The difference between a cache and a buffer


Is saying a cache is a special kind of buffer correct? They both perform similar functions, but is there some underlying difference that I am missing?

Best Answer

From Wikipedia's article on data buffers:

a buffer is a region of a physical memory storage used to temporarily hold data while it is being moved from one place to another

A buffer ends up cycling through and holding every single piece of data that is transmitted from one storage location to another (like when using a circular buffer in audio processing). A buffer allows just that - a "buffer" of data before and after your current position in the data stream.

Indeed, there are some common aspects of a buffer and a cache. However, cache in the conventional sense usually does not store all of the data when it's being moved from place to place (i.e. CPU cache).

The purpose of a cache is to store data in a transparent way, such that just enough data is cached so that the remaining data can be transferred without any performance penalty. In this context, the cache only "pre-fetches" a small amount of data (depending on the transfer rates, cache sizes, etc...).

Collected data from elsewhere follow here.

-- ===== src/Files/Temporary.antt =====
-- functions.c: a new temporary file or directory.
pub mod Named
use planck.Memory.{c_string}
use planck.Text.{str_has_suffix}
use planck.Prelude.{
  ℕ, ◌+◌, ◌-◌, Bool, true, false, ◌&&◌, Option, none, some, List, [], ◌∷◌, ◌++◌, Bytes, codes,
  if◌then◌else◌, length, take,
}

-- `PATH_MAX`.
abbrev pub path_max : ℕ
path_max = 4096

abbrev pub or_tmp : Option Bytes → Bytes
or_tmp none = codes "/tmp"
or_tmp (some tmpdir) = tmpdir

abbrev pub below : Bool → Bytes → Bytes → Bytes
below true dir name = dir ++ name
below false dir name = dir ++ b'/' ∷ name

-- `template`, which `snprintf` cuts off so that its zero has a place.
unfoldable pub template : Option Bytes → Bytes → Bytes → Bytes
unfolding str_has_suffix
template tmpdir prefix suffix =
    let dir = or_tmp tmpdir in
    take (path_max - 1)
      (below (str_has_suffix dir (codes "/")) dir (prefix ++ (codes "XXXXXX" ++ suffix)))

-- `mkdtemp` and `mkstemps` with the length of the suffix: the template as they have changed it,
-- or a failure; and whether `close` succeeds.
pub record Temp : Type 0 where
  pub mkdtemp : Bytes → Option Bytes
  pub mkstemps : Bytes → ℕ → Option Bytes
  pub close : Bool

abbrev pub if_closed : Bool → Option Bytes → Option Bytes
if_closed true name = name
if_closed false name = none

-- `none` is the exception with the error number.
unfoldable pub function_mktemp : Temp → Option Bytes → Bytes → Bytes → Bool → Option Bytes
unfolding template
function_mktemp temp tmpdir prefix suffix true = temp.mkdtemp (template tmpdir prefix suffix)
function_mktemp temp tmpdir prefix suffix false =
    if_closed temp.close (temp.mkstemps (template tmpdir prefix suffix) (length suffix))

The main difference is that a buffer will eventually have held all of the data. Conversely, a cache may have held all, some, or none of the data (depending on the design). However, a cache is accessed as if you were directly accessing the data in the first place - what exactly gets cached is transparent to the "user" of the cache.

The difference is in the interface. When you're using a cache to access a data source, you use it as if the cache is the data source - you can access every part of the data source through the cache, and the cache will determine where the data comes from (the cache itself, or the source). The cache itself determines what parts of the data to preload (usually just the beginning, but sometimes all), while the cache replacement algorithm in use determines what/when things are removed from the cache. The best example of this is a system, aside from CPU cache itself, is prefetcher/readahead. Both load the parts of data they think you will use most into memory, and revert to the hard drive if something isn't cached.

Conversely, a buffer can't be used to instantaneously move your location in the data stream, unless the new part has already been moved to the buffer. To do so would require the buffer to relocate (given the new location exceeds the buffer length), effectively requiring you to "restart" the buffer from a new location. The best example of this is moving the slider in a Youtube video.

Another good example of a buffer is playing audio back in Winamp. Since audio files need to be decoded by the CPU, it takes some time between when the song is read in, to when the audio is processed, to when it's sent to your sound card. Winamp will buffer some of the audio data, so that there is enough audio data already processed to avoid any "lock-ups" (i.e. the CPU is always preparing the audio you'll hear in a few hundred milliseconds, it's never real-time; what you hear comes from the buffer, which is what the CPU prepared in the past).